По двору расхаживал как генерал — важный, гордый, глядит на всех строго. То одним глазом поглядит, то другим боком повернется.
Только вот странно — был наш Петька трусом, а это среди петухов в диковину.
Мама досадовала, прямо-таки из себя выходила. Все соседские петухи нашего бьют, а он даже отбиваться не хочет. Растопорщит роскошные свои крылья, прочь бежит и еще возмущается:
— Кто?! Кто-о? Кха!
А известно кто — соседский петух тебя лупит за твою красоту. Вот тебе и кха!
Мама кому-то его отдала, а на базаре в ближнем большом селе купила другого. Там ее заверили:
— Не сомневайся! Редкой храбрости петух. Прямо георгиевский кавалер! Спасибо скажешь.
Мама принесла нового петуха и выпустила его во двор.
Петух, правда, был прост с виду, но это ничего, лишь бы храбрый был.
Он поклевал, поклевал зернышки, курам что-то строго и непонятно сказал, вроде: «Ко-ко, которые, конешно…» И повел их гулять на улицу.
А соседки уж выглядывают из калиток и окон, пересмеиваются:
— Глядите, Анюта нового петуха купила!
— Ну, теперь пропали наши, никольские!
Сейчас же прибежал чужой петух — и нашего бить. И крылом его, и клювом, и шпорами! Наш петух дерется, не убегает, даже сам нападает… но крылья не топорщит, не бьет ими противника. Сил, что ли, маловато? Забивает его соседский петух, только перья летят.
Мама аж плюнула с досады и в избу ушла, хлопнув дверью.
Теперь все петухи били нашего. Нарочно прибегали, как только он со двора с курами выйдет. Понравилось им. Жалко было петуха, но все равно забьют его до смерти, и решила мама определить его, бедного, в суп.
Когда она петуха ощипывала, то вдруг вскрикнула и заплакала.
— Горе ты мое, горе! Несправедливость-то какая! — приговаривала она.
Я подбежал.
Оказалось, что крылья у нашего петуха еще с базара были связаны…
НА ОДНОМ КОНЬКЕ
вадцатый год. Голодная заснеженная Самара. Я маленький, очень маленький и очень счастливый. Сегодня мама купила мне коньки, вернее, один конек. Он ржавый, но какое это все-таки чудо — остроносый конек «нурмис» самого что ни на есть маленького размера! Недаром мама отдала за него сколько-то там миллионов.
Бечевкой, крест-накрест, мне привязали конек к валенку. Потом закрутили бечевку круглой струганой палочкой.
В долгополой синей шубке, опоясанной красным кушачком, в теплом рыжем малахае — таким я выхрамываю из нашей калитки на тротуар.

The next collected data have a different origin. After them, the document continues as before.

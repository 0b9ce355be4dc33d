-- ===== src/Codecs/Proper.antt =====
-- What the codecs of a program have to be for decoded objects to encode: the keys of each class are
-- distinct, and each class that a function picks has the key that it is picked by.
use cpy_q.Prelude.{ℕ, ◌≡◌, refl, Bool, true, false, not, ◌&&◌, Option, some, elem, arith, ◌==◌}
use cpy_q.Codecs.Trees.{
  Codec, enum_codec, container_codec, serialisable_codec, Factory, of_class, picked_by, Schema,
  no_fields, field, Variants, no_variants, variant,
}
use cpy_q.Codecs.{get_field}
use cpy_q.Codecs.Conforms.{IsFresh, Picks, here, there}
use cpy_q.Codecs.Metaclass.{keys, all_codecs, update, inherited, set_field}
use cpy_q.Codecs.Classes

abbrev pub is_enum : ℕ → Option Codec → Bool
is_enum enum (some (enum_codec cls members)) = enum == cls
is_enum enum _ = false

unfoldable mutual
  unfolding get_field

  pub is_proper : Codec → Bool
  is_proper (container_codec kind c) = is_proper c
  is_proper (serialisable_codec factory) = makes_proper factory
  is_proper _ = true

  pub makes_proper : Factory → Bool
  makes_proper (of_class cls schema) = has_proper schema
  makes_proper (picked_by key enum of_empty classes) = picks_proper key enum classes

  pub picks_proper : ℕ → ℕ → Variants → Bool
  picks_proper key enum no_variants = true
  picks_proper key enum (variant tag cls schema rest) =
      (is_enum enum (get_field key schema) && has_proper schema) && picks_proper key enum rest

  pub has_proper : Schema → Bool
  has_proper no_fields = true
  has_proper (field k c rest) = (not (elem k (keys rest)) && is_proper c) && has_proper rest

pub absent-IsFresh : (k : ℕ) (s : Schema) → elem k (keys s) ≡ false → IsFresh k s
absent-IsFresh k no_fields h = tt
absent-IsFresh k (field k' c rest) h =
    (ground (arith, h), absent-IsFresh k rest (ground (arith, h)))

both_true : (a b : Bool) → (a && b) ≡ true → (a ≡ true) × (b ≡ true)
both_true true b h = (refl, h)
both_true false b h = cc

not-true : (b : Bool) → not b ≡ true → b ≡ false
not-true true h = cc
not-true false h = refl

pub proper_field :
    (k : ℕ) (c : Codec) (rest : Schema)
    → has_proper (field k c rest) ≡ true
    → (elem k (keys rest) ≡ false) × (is_proper c ≡ true) × (has_proper rest ≡ true)
unfolding has_proper
proper_field k c rest p =
    let (first, later) = both_true (not (elem k (keys rest)) && is_proper c) (has_proper rest) p in
    let (new, proper) = both_true (not (elem k (keys rest))) (is_proper c) first in
    (not-true (elem k (keys rest)) new, proper, later)

pub proper_variant :
    (key enum tag cls : ℕ) (schema : Schema) (rest : Variants)
    → picks_proper key enum (variant tag cls schema rest) ≡ true
    → (is_enum enum (get_field key schema) ≡ true)
      × (has_proper schema ≡ true)
      × (picks_proper key enum rest ≡ true)
unfolding picks_proper
proper_variant key enum tag cls schema rest p =
    let (first, later) =
      both_true (is_enum enum (get_field key schema) && has_proper schema)
        (picks_proper key enum rest) p in
    let (keyed, proper) =
      both_true (is_enum enum (get_field key schema)) (has_proper schema) first in
    (keyed, proper, later)

pub picked_proper :
    (key enum tag cls : ℕ) (schema : Schema) (classes : Variants)
    → picks_proper key enum classes ≡ true
    → Picks tag cls schema classes
    → (is_enum enum (get_field key schema) ≡ true) × (has_proper schema ≡ true)
picked_proper key enum tag cls schema _ p (here {rest = rest}) =
    let (keyed, proper, _) = proper_variant key enum tag cls schema rest p in (keyed, proper)
picked_proper key enum tag cls schema _ p
      (there {cls = _} {t = t} {c = c} {schema = _} {s = s} {rest = rest} other picked) =
    let (_, _, later) = proper_variant key enum t c s rest p in
    picked_proper key enum tag cls schema rest later picked

-- The classes of the repository are such.
token-proper : has_proper Classes.token ≡ true
unfolding has_proper all_codecs update inherited set_field get_field
token-proper = refl

ws_event-proper : has_proper Classes.ws_event ≡ true
unfolding has_proper all_codecs update inherited set_field get_field
ws_event-proper = refl
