-- ===== src/Codecs/Returned.antt =====
-- Encoding and decoding the parts of a value with Common/codecs.py: the steps towards Codecs/RoundTrip.
use cpy_q.Prelude.{
  ℕ, ◌≡◌, refl, ap, subst, ◌∙◌, inl, inr, Bool, true, false, Option, none, some, List, any, arith,
  ◌==◌, Bool-cases,
}
use cpy_q.Prelude.Raises.{returns, ◌>>=◌}
use cpy_q.Codecs.Trees.{
  text, ContainerType, list_type, tuple_type, set_type, frozenset_type, Json, primitive, array,
  dict, Items, Entries, no_entries, entry, Codec, datetime_codec, container_codec,
  serialisable_codec, of_class, picked_by, Schema, field, Variants, member_of, moment, container,
  object, Values, Members, member,
}
use cpy_q.Codecs.{
  Clock, Object, get_field, same_type, enum_value, same_member, lookup_entry, get_member, collect,
  decode_enum, decode_items, decode_datetime, encode_datetime, decode_leaf, decode, make,
  make_variant, set_attributes, encode, encode_items, json,
}
use cpy_q.Codecs.Conforms.{IsFresh, Picks, here, there, IsWritten, Conforms, a_member, an_object}

pub same_type_refl : (kind : ContainerType) → same_type kind kind ≡ true
same_type_refl list_type = refl
same_type_refl tuple_type = refl
same_type_refl set_type = refl
same_type_refl frozenset_type = refl

pub decode_enum-enum_value :
    (cls : ℕ) (members : List (Option ℕ)) (m : Option ℕ)
    → any (same_member m) members ≡ true
    → decode_enum cls members (primitive (enum_value m)) ≡ returns m
unfolding decode_enum
decode_enum-enum_value cls members none h = rw h
decode_enum-enum_value cls members (some t) h = rw h

module _ (clock : Clock) where
  -- A value encodes, and its JSON decodes to it.
  abbrev pub Returns : Codec → Object clock → Type 0
  Returns c v = (j : Json) × (encode clock c v ≡ returns j) × (decode clock c j ≡ returns v)

  abbrev pub ReturnsAll : Codec → Values clock.Time → Type 0
  ReturnsAll c vs =
      (js : Items) × (encode_items clock c vs ≡ returns js)
      × (decode_items (decode clock c) js ≡ returns vs)

  -- The attributes of an object encode, each under its key, and decode from any JSON that has them.
  pub record ReturnsFields (schema : Schema) (ms : Members clock.Time) : Type 0 where
    pub es : Entries
    pub encodes : json clock ms ≡ returns es
    pub fresh : (k : ℕ) → IsFresh k schema → lookup_entry k es ≡ none
    pub found :
        (k : ℕ) (v : Object clock)
        → get_member k ms ≡ some v
        → (c : Codec) × (j : Json) × Conforms clock c v
          × (encode clock c v ≡ returns j)
          × (lookup_entry k es ≡ some j)
    pub field_at :
        (k : ℕ) (c : Codec)
        → get_field k schema ≡ some c
        → (v : Object clock) × (j : Json) × (get_member k ms ≡ some v)
          × (lookup_entry k es ≡ some j)
          × (decode clock c j ≡ returns v)
    pub decodes :
        (whole : Entries)
        → ((k : ℕ) (j : Json) → lookup_entry k es ≡ some j → lookup_entry k whole ≡ some j)
        → set_attributes clock schema whole ≡ returns ms

  pub encode_member :
      (c : Codec) (enum : ℕ) (m : Option ℕ)
      → Conforms clock c (member_of enum m)
      → encode clock c (member_of enum m) ≡ returns (primitive (enum_value m))
  unfolding encode
  encode_member c enum m (a_member cls members _ h) = ground arith
  encode_member c enum m (an_object factory v made) = elim made [ ]

  pub make_tagged :
      (key enum tag : ℕ) (of_empty : Option ℕ) (classes : Variants) (es : Entries)
      → lookup_entry key es ≡ some (primitive (text tag))
      → make clock (picked_by key enum of_empty classes) (dict es)
        ≡ make_variant clock tag classes es
  unfolding make lookup_entry
  make_tagged key enum tag of_empty classes no_entries h = cc
  make_tagged key enum tag none classes (entry k j rest) h = rw h
  make_tagged key enum tag (some cls) classes (entry k j rest) h = rw h

  pub make_variant-Picks :
      (tag cls : ℕ) (schema : Schema) (classes : Variants) (es : Entries)
      → Picks tag cls schema classes
      → make_variant clock tag classes es
        ≡ (set_attributes clock schema es >>= λ ms. returns (object cls ms))
  unfolding make_variant
  make_variant-Picks tag cls schema _ es here = ground arith
  make_variant-Picks tag cls schema _ es (there {t = t} {rest = rest} other p) =
      ground (arith, make_variant-Picks tag cls schema rest es p)

  pub next_field :
      (key : ℕ) (c : Codec) (rest : Schema) (v : Object clock) (ms : Members clock.Time)
      → IsFresh key rest
      → Conforms clock c v
      → Returns c v
      → ReturnsFields rest ms
      → ReturnsFields (field key c rest) (member key c v ms)
  unfolding json lookup_entry get_member get_field set_attributes
  next_field key c rest v ms new h (j, e, d) r = record {
    es = entry key j r.es;
    encodes = rw (e, ◌>>=◌, r.encodes);
    fresh = λ k f. ground (arith, r.fresh k f.1, f.0);
    found = λ k w g. elim (Bool-cases (k == key)) [
      | inl own ↦
          let same : v ≡ w = ground (arith, own, g) in
          (
            c,
            j,
            subst (Conforms clock c) same h,
            subst (λ u. encode clock c u ≡ returns j) same e,
            ground (arith, own),
          )
      | inr other ↦
          let (c', j', h', e', l) = r.found k w (ground (arith, other, g)) in
          (c', j', h', e', ground (arith, other, l))
    ];
    field_at = λ k c' g. elim (Bool-cases (k == key)) [
      | inl own ↦
          let same : c ≡ c' = ground (arith, own, g) in
          (
            v,
            j,
            ground (arith, own),
            ground (arith, own),
            subst (λ x. decode clock x j ≡ returns v) same d,
          )
      | inr other ↦
          let (v', j', g', l, d') = r.field_at k c' (ground (arith, other, g)) in
          (v', j', ground (arith, other, g'), ground (arith, other, l), d')
    ];
    decodes = λ whole inside.
        let own = inside key j (ground arith) in
        let later = r.decodes whole (λ k i l.
          inside k i (ground (arith, l, r.fresh key new, ap (λ x. lookup_entry x r.es)))) in
        rw (own, d, later);
  }

  pub container-Returns :
      (kind : ContainerType) (c : Codec) (vs : Values clock.Time)
      → collect kind vs ≡ vs
      → ReturnsAll c vs
      → Returns (container_codec kind c) (container kind vs)
  unfolding encode decode
  container-Returns kind c vs whole (js, e, d) =
      (array js, rw (same_type_refl kind, e), rw (d, ◌>>=◌, whole))

  pub class-Returns :
      (cls : ℕ) (schema : Schema) (ms : Members clock.Time)
      → ReturnsFields schema ms
      → Returns (serialisable_codec (of_class cls schema)) (object cls ms)
  unfolding encode decode
  class-Returns cls schema ms r = (dict r.es, rw r.encodes, rw (r.decodes r.es (λ k j l. l)))

  pub tagged-Returns :
      (key enum : ℕ) (of_empty : Option ℕ) (classes : Variants) (tag cls : ℕ) (schema : Schema)
      (ms : Members clock.Time)
      → Picks tag cls schema classes
      → get_member key ms ≡ some (member_of enum (some tag))
      → ReturnsFields schema ms
      → Returns (serialisable_codec (picked_by key enum of_empty classes)) (object cls ms)
  unfolding encode decode
  tagged-Returns key enum of_empty classes tag cls schema ms p g r =
      let (c, j, h, e, l) = r.found key (member_of enum (some tag)) g in
      let tagged = encode_member c enum (some tag) h in
      (
        dict r.es,
        rw r.encodes,
        make_tagged key enum tag of_empty classes r.es (ground (arith, l, e, tagged))
            ∙ make_variant-Picks tag cls schema classes r.es p
            ∙ rw (r.decodes r.es (λ k i m. m)),
      )

  pub moment-Returns :
      (optional : Bool) (t : clock.Time)
      → IsWritten clock t
      → Returns (datetime_codec optional) (moment t)
  unfolding encode decode encode_datetime decode_leaf decode_datetime
  moment-Returns true t h = (primitive (text (clock.strftime t)), rw h.0, rw h.1)
  moment-Returns false t h = (primitive (text (clock.strftime t)), rw h.0, rw h.1)
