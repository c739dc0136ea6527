-- ===== src/Forwarder/Sendings.antt =====
-- The loop of daemon/fw/multicast-strategy.cpp finds every out-record that it asks for.
use nfd_out_of_the_box.Fw.Retx.{
  interval_or, RetxSuppressionExponential, RetxSuppressionResult, decide_per_upstream, new, forward,
  suppress,
}
use nfd_out_of_the_box.Prelude.{
  ℕ, ◌-◌, ◌≡◌, refl, ap, ◌∙◌, ◌⊎◌, inl, inr, Bool, true, not, ◌&&◌, some, List, [], ◌∷◌, arith, ltb,
  if◌then◌else◌, Bool-cases, Option-cases, ==_iff,
}
use nfd_out_of_the_box.Packet.{is_local, Interest, FaceRef}
use nfd_out_of_the_box.Pit.{
  face_record_update, out_record_update, out_face, OutRecord, Entry, insert_or_update_out_record,
  get_out_record,
}
use nfd_out_of_the_box.Pit.Records.{modify_record}
use nfd_out_of_the_box.Pit.Lookup.{find_record-insert_or_update, find_record-modify_record}
use nfd_out_of_the_box.Forwarder.{
  set_expiry_timer, has_no_hops_left, Forwarder, on_outgoing_interest, Parts,
}
use nfd_out_of_the_box.Forwarder.Strategies.{
  is_eligible, is_suppressed, increment_at, increment_if_forward, after_receive_interest_multicast,
  give_no_route, multicast, try_next_hop, after_send,
}
use nfd_out_of_the_box.Fw.Algorithm.{has_pending_out_records, NextHop}
use nfd_out_of_the_box.Forwarder.Interests.{run_action, run_actions}

abbrev pub HasOutRecord : {N : Type 0} → FaceRef → Entry N → Type 0
HasOutRecord f e = (r : OutRecord) × (get_out_record f e ≡ some r)

-- What FORWARD promises of the entry that the decision leaves.
abbrev pub IsKnown : {N : Type 0} → FaceRef → RetxSuppressionResult × Entry N → Type 0
IsKnown f (forward, e) = HasOutRecord f e
IsKnown f (new, e) = Unit {0}
IsKnown f (suppress, e) = Unit {0}

if_true : {A : Type 0} {u : A} (v : A) {b : Bool} → b ≡ true → (if b then u else v) ≡ u
if_true v h = ground arith

module _ {N : Type 0} where
  get_out_record-modify :
      (f : FaceRef) (u : OutRecord → OutRecord) (e : Entry N)
      → ((r : OutRecord) → out_face (u r) ≡ out_face r)
      → HasOutRecord f e
      → HasOutRecord f (record e { out_records = modify_record out_face f u e.out_records })
  unfolding get_out_record
  get_out_record-modify f u e k (r, h) =
      (u r, ground (arith, find_record-modify_record out_face f f u e.out_records k))

  decide_per_upstream-IsKnown :
      (x : RetxSuppressionExponential) (now : ℕ) (e : Entry N) (f : FaceRef)
      → IsKnown f (decide_per_upstream x now e f)
  unfolding decide_per_upstream
  decide_per_upstream-IsKnown x now e f = elim (Option-cases (get_out_record f e)) [
    | inl absent ↦ rw (absent, decide_per_upstream, IsKnown) tt
    | inr (r, h) ↦
        rw (h, decide_per_upstream, IsKnown)
          (elim (Bool-cases
            (ltb (now - r.last_renewed) (interval_or x.initial_interval r.suppression_interval))) [
              | inl early ↦ rw (early, IsKnown) tt
              | inr late ↦ rw (late, IsKnown) (get_out_record-modify f _ e (λ q. refl) (r, h))
            ])
  ]

  insert_or_update_out_record-HasOutRecord :
      (now : ℕ) (f : FaceRef) (i : Interest N) (e : Entry N)
      → HasOutRecord f (insert_or_update_out_record now f i e)
  unfolding insert_or_update_out_record get_out_record out_record_update face_record_update
  insert_or_update_out_record-HasOutRecord now f i e = (
    _,
    find_record-insert_or_update out_face f f _ _ e.out_records refl (λ r. refl)
        ∙ if_true _ ((==_iff f f).1 refl),
  )

module _ {N : Type 0} {C : Type 0} (x : Parts N C) where
  on_outgoing_interest-HasOutRecord :
      (now : ℕ) (f : FaceRef) (i : Interest N) (e : Entry N) (s : Forwarder N C)
      → HasOutRecord f e
      → HasOutRecord f (on_outgoing_interest x now f i e s).0
  unfolding on_outgoing_interest
  on_outgoing_interest-HasOutRecord now f i e s known =
      elim (Bool-cases (has_no_hops_left x i && not (is_local (x.faces f).scope))) [
        | inl dropped ↦ rw dropped known
        | inr sent ↦ rw sent (insert_or_update_out_record-HasOutRecord now f i e)
      ]

  after_send-total :
      (r : RetxSuppressionExponential) (res : RetxSuppressionResult) (f : FaceRef)
      (s : Entry N × Forwarder N C)
      → IsKnown f (res, s.0)
      → (u : Entry N × Forwarder N C) × (after_send x r res f s ≡ some u)
  unfolding after_send increment_if_forward increment_at
  after_send-total r new f (e, s) known = (_, refl)
  after_send-total r suppress f (e, s) known = (_, refl)
  after_send-total r forward f (e, s) (q, h) = rw (h, after_send) (_, refl)

  on_outgoing_interest-IsKnown :
      (now : ℕ) (f : FaceRef) (i : Interest N) (res : RetxSuppressionResult) (e : Entry N)
      (s : Forwarder N C)
      → IsKnown f (res, e)
      → IsKnown f (res, (on_outgoing_interest x now f i e s).0)
  on_outgoing_interest-IsKnown now f i new e s known = tt
  on_outgoing_interest-IsKnown now f i suppress e s known = tt
  on_outgoing_interest-IsKnown now f i forward e s known =
      on_outgoing_interest-HasOutRecord now f i e s known

  try_next_hop-total :
      (now : ℕ) (ingress : FaceRef) (i : Interest N) (r : RetxSuppressionExponential) (h : NextHop)
      (s : Forwarder N C) (p : RetxSuppressionResult × Entry N)
      → IsKnown (h.face) p
      → (u : Entry N × Forwarder N C) × (try_next_hop x now ingress i r h s p ≡ some u)
  unfolding try_next_hop
  try_next_hop-total now ingress i r h s (res, e) known = elim (Bool-cases (is_suppressed res)) [
    | inl suppressed ↦ (_, if_true _ suppressed)
    | inr passed ↦ rw passed (elim (Bool-cases (is_eligible x ingress i e h)) [
      | inl good ↦ rw good (
          after_send-total r res h.face _ (on_outgoing_interest-IsKnown now h.face i res e s known))
      | inr bad ↦ rw bad (_, refl)
    ])
  ]

  multicast-total :
      (now : ℕ) (ingress : FaceRef) (i : Interest N) (r : RetxSuppressionExponential)
      (hs : List NextHop) (s : Entry N × Forwarder N C)
      → (u : Entry N × Forwarder N C) × (multicast x now ingress i r hs s ≡ some u)
  unfolding multicast
  multicast-total now ingress i r [] s = (s, refl)
  multicast-total now ingress i r (h ∷ hs) (e, f) =
      let step =
        try_next_hop-total now ingress i r h f _ (decide_per_upstream-IsKnown r now e h.face) in
      rw (step.1, multicast) (multicast-total now ingress i r hs step.0)

  give_no_route-rejected :
      (now : ℕ) (ingress : FaceRef) (i : Interest N) (e : Entry N) (f : Forwarder N C)
      → (give_no_route x now ingress i (e, f)).0.expiry_timer ≡ some now
  unfolding give_no_route run_actions run_action set_expiry_timer
  give_no_route-rejected now ingress i e f = ap some (omega arith)

  -- The multicast strategy never follows an end iterator to an out-record, and does not leave an
  -- Interest with nothing to wait for: afterwards the PIT entry has a pending out-record, or its
  -- expiry timer is set to the present, which rejects it.
  pub after_receive_interest_multicast-waits :
      (now : ℕ) (ingress : FaceRef) (i : Interest N) (r : RetxSuppressionExponential)
      (hs : List NextHop) (s : Entry N × Forwarder N C)
      → (e : Entry N) × (f : Forwarder N C) × (after_receive_interest_multicast x now ingress i r hs
            s
          ≡ some (e, f))
        × ((has_pending_out_records now e ≡ true) ⊎ (e.expiry_timer ≡ some now))
  unfolding after_receive_interest_multicast
  after_receive_interest_multicast-waits now ingress i r hs s =
      let done = multicast-total now ingress i r hs s in
      rw (done.1, after_receive_interest_multicast)
        (elim (Bool-cases (has_pending_out_records now (done.0).0)) [
          | inl waits ↦ ((done.0).0, (done.0).1, rw waits refl, inl waits)
          | inr empty ↦
              let rejected = give_no_route x now ingress i ((done.0).0, (done.0).1) in
              (
                rejected.0,
                rejected.1,
                rw empty refl,
                inr (give_no_route-rejected now ingress i (done.0).0 (done.0).1),
              )
        ])
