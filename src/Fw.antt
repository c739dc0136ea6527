-- ===== src/Fw.antt =====
-- daemon/fw: the helpers of algorithm.cpp, retransmission suppression, Nack processing and the
-- best-route strategy (version 5), as functions of the PIT entry, the next hops and the time.
pub mod Algorithm
pub mod Retx
pub mod NackTraits
pub mod BestRoute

И вот я поскакал, поскакал! Главное — успеть скакнуть ногой, пока другая едет на коньке. Едет, едет нога; скачет, скачет другая. Ух ты! Только малахай все сползает на лоб, и пот застилает глаза.
Доскакал до угла, свернул за угол. Еще до угла и за угол. Долго-долго так. Уже опустилась на город тьма. На незнакомых улицах зажглись редкие тусклые фонари…
И вдруг прямо передо мной целое скопище ярких лампочек вверху, где-то гремит музыка, за длинным щелястым забором мелькание теней, непонятное шарканье…
Я быстро, по-собачьи, разгребаю снег и протискиваюсь в щель. Прямо передо мной по огромному полю, запорошенному белым крошевом льда, едут, скользят на коньках, шаркают с легким звоном взрослые люди, очень много людей. Куда они все едут?